[Stored items]
Content starts
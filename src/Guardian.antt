-- ===== src/Guardian.antt =====
-- src/guardian/: the cycle that compares the deposited keys with the keys to be deposited.
pub mod Schedule
pub mod State
pub mod BlockGuard
pub mod Message
pub mod Metrics
pub mod ModuleGuard
pub mod Cycle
Content ends
◆ Task to carry out ◆
Using the exact wording, transcribe all the records above.

◆ Task answer ◆
filename src/Guardian.antt
-- ===== src/Guardian.antt =====
-- src/guardian/: the cycle that compares the deposited keys with the keys to be deposited.
pub mod Schedule
pub mod State
pub mod BlockGuard
pub mod Message
pub mod Metrics
pub mod ModuleGuard
pub mod Cycle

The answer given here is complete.